Wednesday, 11 February 2009

Atheism 2.0.

It is about the good side of the 2.0, in societies where freedom of thought should be a secret well kept.

Sunday, 8 February 2009

A brief Life


This four letter word - life - is having a different content, up to the intellectual profile of the person using it. It could mean to be able to correspond to the basic medical descriptions - breathing, heart beating - or more, at a higher intellectual level, give senses and interpretations of the world around.

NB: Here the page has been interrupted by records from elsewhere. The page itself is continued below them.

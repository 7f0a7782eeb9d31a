-- ===== src/Listing/Missed.antt =====
-- Rows of one millisecond: a cursor is cut to milliseconds and the query is not, so that a row can be
-- on no page.
use gatway_pagamento_escrito.Prelude.{
  All-map, if-cases, Option-cases, All-passes, All-take, arith, ℕ, zero, suc, ◌*◌, ◌/◌, ◌≤◌, ◌<◌,
  ◌≡◌, refl, sym, ap, ◌∙◌, subst, Bool, true, ◌&&◌, Option, none, some, List, [], ◌∷◌, ◌++◌, ltb,
  length, take, All, inl, inr,
}
use gatway_pagamento_escrito.Listing.{
  Cursor, Page, last_of, order_rows, is_after, list_rows, cursor_of, page, fetch, comes_first,
}
use gatway_pagamento_escrito.Listing.Order.{
  select-true, Ordered, DistinctIds, First, at, order-Ordered, select-Ordered,
}
use gatway_pagamento_escrito.Listing.Walk.{matching, shown, fetch-shown}

module _ {Row : Type 0} (created_us id : Row → ℕ) (matches : Row → Bool) (limit : ℕ)
    (rows : List Row) where
  -- The rows on the first so many pages from a cursor on
  unfoldable pub shown_on : ℕ → Option Cursor → List Row
  shown_on zero before = []
  shown_on (suc n) before =
      let p = fetch created_us id matches limit rows before in
      elim p.next_cursor [ none ↦ p.items | some c ↦ p.items ++ shown_on n (some c) ]

  -- A row on the page of a cursor was not created after the start of the cursor's millisecond.
  fetch-old :
      (c : Cursor)
      → All
          (λ row. created_us row ≤ 1000 * c.created_at)
          (fetch created_us id matches limit rows (some c)).items
  unfolding page list_rows
  fetch-old c =
      let Old : Row → Type 0 = λ row. created_us row ≤ 1000 * c.created_at in
      All-take Old limit _ (
        All-take Old (suc limit) _ (
          All-passes Old (λ row. matches row && is_after created_us id c row) behind
            (order_rows created_us id rows)))
    where
      behind :
          (row : Row)
          → (matches row && is_after created_us id c row) ≡ true
          → created_us row ≤ 1000 * c.created_at
      behind row e = ground arith

  last_of-All : (P : Row → Type 0) (xs : List Row) {x : Row} → All P xs → last_of xs ≡ some x → P x
  last_of-All P [] h e = absurd (cc)
  last_of-All P (y ∷ []) (p, h) e = subst P (some_injective e) p
    where
      some_injective : {a b : Row} → some a ≡ some b → a ≡ b
      some_injective e = cc
  last_of-All P (y ∷ z ∷ zs) (p, h) e = last_of-All P (z ∷ zs) h e

  append-All : (P : Row → Type 0) (xs ys : List Row) → All P xs → All P ys → All P (xs ++ ys)
  append-All P [] ys h k = k
  append-All P (x ∷ xs) ys (p, h) k = (p, append-All P xs ys h k)

  cursor_of-old :
      (bound : ℕ) (o : Option Row) {c : Cursor}
      → ((row : Row) → o ≡ some row → created_us row ≤ bound)
      → cursor_of created_us id o ≡ some c
      → 1000 * c.created_at ≤ bound
  cursor_of-old bound none old e = absurd (cc)
  cursor_of-old bound (some row) old e = start_of (created_us row) (old row refl) e
    where
      start_of :
          (us : ℕ) {c : Cursor} {key : ℕ}
          → us ≤ bound
          → some (record { created_at = us / 1000; id = key }) ≡ some c
          → 1000 * c.created_at ≤ bound
      start_of us h e = ground arith

  -- The cursor behind a page of old rows is old.
  page-old :
      (bound : ℕ) (found : List Row) {c : Cursor}
      → All (λ row. created_us row ≤ bound) (page created_us id found limit).items
      → (page created_us id found limit).next_cursor ≡ some c
      → 1000 * c.created_at ≤ bound
  unfolding page
  page-old bound found {c} h e = elim (if-cases (ltb limit (length found)) _ _ e) [
    | inl (_, e) ↦
        cursor_of-old bound (last_of (take limit found))
          (λ row last. last_of-All (λ row. created_us row ≤ bound) (take limit found) h last) e
    | inr (_, e) ↦ absurd (cc)
  ]

  abbrev with_next : Page Row → (Cursor → List Row) → List Row
  with_next p next = elim p.next_cursor [ none ↦ p.items | some c ↦ p.items ++ next c ]

  with_next-All :
      (P : Row → Type 0) (p : Page Row) (next : Cursor → List Row)
      → All P p.items
      → ((c : Cursor) → p.next_cursor ≡ some c → All P (next c))
      → All P (with_next p next)
  with_next-All P p next h k = elim (Option-cases p.next_cursor) [
    | inl last ↦ subst (λ o. All P (with_next (record p { next_cursor = o }) next)) (sym last) h
    | inr (c, more) ↦
        subst (λ o. All P (with_next (record p { next_cursor = o }) next)) (sym more)
          (append-All P p.items (next c) h (k c more))
  ]

  shown_on-old :
      (n bound : ℕ) (c : Cursor)
      → 1000 * c.created_at ≤ bound
      → All (λ row. created_us row ≤ bound) (shown_on n (some c))
  unfolding shown_on page
  shown_on-old zero bound c h = tt
  shown_on-old (suc n) bound c h =
      let old = All-map {A = Row} older _ (fetch-old c) in
      with_next-All (λ row. created_us row ≤ bound)
        (fetch created_us id matches limit rows (some c)) (λ c'. shown_on n (some c')) old
        (λ c' more. shown_on-old n bound c' (page-old bound _ old more))
    where
      older : (row : Row) → created_us row ≤ 1000 * c.created_at → created_us row ≤ bound
      older row le = omega (arith, h)

-- The first page, up to the row before the missed one
module _ {Row : Type 0} (created_us id : Row → ℕ) where
  missed-All :
      (P : Row → Type 0) (front : List Row) (edge missed : Row) (rest : List Row)
      → All P (front ++ edge ∷ missed ∷ rest)
      → P missed
  missed-All P [] edge missed rest (_, (p, _)) = p
  missed-All P (x ∷ front) edge missed rest (_, h) = missed-All P front edge missed rest h

  not-First : (a b : Row) → First created_us id a b → ¬ (a ≡ b)
  not-First a b first e = itself b (ap (λ x. comes_first created_us id x b) (sym e) ∙ first)
    where
      itself : (b : Row) → ¬ (comes_first created_us id b b ≡ true)
      itself b h = ground arith

  front-other :
      (front : List Row) (edge missed : Row) (rest : List Row)
      → Ordered created_us id (front ++ edge ∷ missed ∷ rest)
      → All (λ row. ¬ (row ≡ missed)) (front ++ edge ∷ [])
  front-other [] edge missed rest ((first, _), _) = (not-First edge missed first, tt)
  front-other (x ∷ front) edge missed rest (h, o) = (
    not-First x missed (missed-All (First created_us id x) front edge missed rest h),
    front-other front edge missed rest o,
  )

take-front :
    {A : Type 0} (front : List A) (edge : A) (more : List A)
    → take (suc (length front)) (front ++ edge ∷ more) ≡ front ++ edge ∷ []
take-front [] edge more = refl
take-front (x ∷ front) edge more = ap (λ l. x ∷ l) (take-front front edge more)

last_of-end : {A : Type 0} (front : List A) (edge : A) → last_of (front ++ edge ∷ []) ≡ some edge
last_of-end [] edge = refl
last_of-end (x ∷ []) edge = refl
last_of-end (x ∷ y ∷ front) edge = last_of-end (y ∷ front) edge

longer :
    {A : Type 0} (front : List A) (edge missed : A) (rest : List A)
    → ltb (suc (length front)) (length (front ++ edge ∷ missed ∷ rest)) ≡ true
longer [] edge missed rest = ground arith
longer (x ∷ front) edge missed rest = ground (arith, longer front edge missed rest)

module _ {Row : Type 0} (created_us id : Row → ℕ) (matches : Row → Bool) (rows : List Row)
    (front : List Row) (edge missed : Row) (rest : List Row)
    (split : matching created_us id matches rows ≡ front ++ edge ∷ missed ∷ rest) where
  abbrev first_page : Page Row
  first_page = fetch created_us id matches (suc (length front)) rows none

  first_page-shown :
      first_page ≡ shown created_us id matches (length front) rows (front ++ edge ∷ missed ∷ rest)
  first_page-shown =
      fetch-shown created_us id matches (length front) rows none _
        (select-true (matching created_us id matches rows) ∙ split)

  first_page-items : first_page.items ≡ front ++ edge ∷ []
  first_page-items =
      ap (λ (p : Page Row). p.items) first_page-shown ∙ take-front front edge (missed ∷ rest)

  first_page-next_cursor : first_page.next_cursor ≡ some (at created_us id edge)
  first_page-next_cursor =
      ap (λ (p : Page Row). p.next_cursor) first_page-shown
      ∙ rw (longer front edge missed rest) (
          ap (λ l. cursor_of created_us id (last_of l)) (take-front front edge (missed ∷ rest))
          ∙ ap (cursor_of created_us id) (last_of-end front edge))

same_start :
    (c c' : Cursor)
    → ◌≡◌ {A = Option Cursor} (some c) (some c')
    → 1000 * c.created_at ≤ 1000 * c'.created_at
same_start c c' e = ground arith

-- A row that comes just behind the last row of the first page, and that was created in the same
-- millisecond, after its start, is on none of the pages that a client gets who follows the cursors,
-- however many it asks for, if ids are distinct: `front` and `edge` are the first page, and `missed`
-- matches like they do.
pub shown_on-misses :
    {Row : Type 0} (created_us id : Row → ℕ) (matches : Row → Bool) (rows : List Row)
    (front : List Row) (edge missed : Row) (rest : List Row) (pages : ℕ)
    → DistinctIds created_us id rows
    → matching created_us id matches rows ≡ front ++ edge ∷ missed ∷ rest
    → 1000 * (created_us edge / 1000) < created_us missed
    → All
        (λ row. ¬ (row ≡ missed))
        (shown_on created_us id matches (suc (length front)) rows pages none)
unfolding shown_on
shown_on-misses created_us id matches rows front edge missed rest zero d split late = tt
shown_on-misses {Row} created_us id matches rows front edge missed rest (suc pages) d split late =
    let Other : Row → Type 0 = λ row. ¬ (row ≡ missed) in
    let ordered =
      subst (Ordered created_us id) split
        (select-Ordered created_us id matches _ (order-Ordered created_us id rows d)) in
    with_next-All created_us id matches (suc (length front)) rows Other
      (first_page created_us id matches rows front edge missed rest split)
      (λ c. shown_on created_us id matches (suc (length front)) rows pages (some c))
      (subst (All Other)
        (sym (first_page-items created_us id matches rows front edge missed rest split))
        (front-other created_us id front edge missed rest ordered))
      (λ c more. All-map {A = Row} older _ (
        shown_on-old created_us id matches (suc (length front)) rows pages
          (1000 * (created_us edge / 1000)) c
          (start_of c (
            sym more
            ∙ first_page-next_cursor created_us id matches rows front edge missed rest split))))
  where
    older : (row : Row) → created_us row ≤ 1000 * (created_us edge / 1000) → ¬ (row ≡ missed)
    older row le e = let same = ap created_us e in absurd (omega (arith, same, le, late))

    start_of :
        (c : Cursor)
        → some c ≡ some (at created_us id edge)
        → 1000 * c.created_at ≤ 1000 * (created_us edge / 1000)
    start_of c e = same_start c (at created_us id edge) e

For those choosing the world of fiction, reality is never enough. They need to rewrite each moment, to offer them content, to create senses to reunite small pieces and make them turn around, as in a kaleidoscope. By reading, you could offer yourself - because the writer aimed himself the same - a brief instant of life, other people's life. In "A brief life", Juan Carlos Onetti
is playing with times and lives, with the limits between dreams and his reality, consistent only with what he considered as real. He's the one who shouted "start" and who decided the story must stop.

At the beginning of our brief ride we are all new-born, with various chances and opportunities to became something. At the end, we all die. In between these thresholds it is a brief life, we could let a trace or not. In comparison with the whole universe, is almost nothing and memory is a very subjective notion, mostly a hope about ourselves we ought to live with.

Friday, 6 February 2009

Qu'est-ce que c'est l'amour? (apud JL Godard)

About ants

http://www.nybooks.com/articles/22356

Madoff case: the consequences

An extensive analysis from the last issue of Commentary.

Postcards

These days, we do not send too many postcards. We have the e-mails or the phone multimedia options. Our messages could reach the destination instantly. Our pictures might have a more personal touch, because made by ourselves, sharing with the others our personal view of the world. But we are rarely making any such efforts, because we don't have an educated eye to look around us. Plus, we have thousand of (ideas less) ready-made hallmarks or postcards with stereotypical texts. We send it (instantly) sharing in fact our absence.

As for the old times postcards, they are displayed now in museums as this Walker Evans' exhibition at the Metropolitan Museum of Arts. What about an exhibition of electronic postcards in a virtual museum ?

Sunday, 1 February 2009

The answer is: No

Randomly surfing to other blogs the last week, including atheist ones, I've found various levels of philosophical interrogations regarding the proofs you, as an atheist, you'll need, in order to believe in a god. Because I'm always in a hurry, I will not think too much in terms of philosophy. For me, the world around without any religious explanation is so amazingly complex and interesting and offering an infinite challenge for thinking that all this religious explanation is simply outrageous for the intelligence. And I don't waste my time thinking what if a god will make my dog talk, or whatever else "mystery".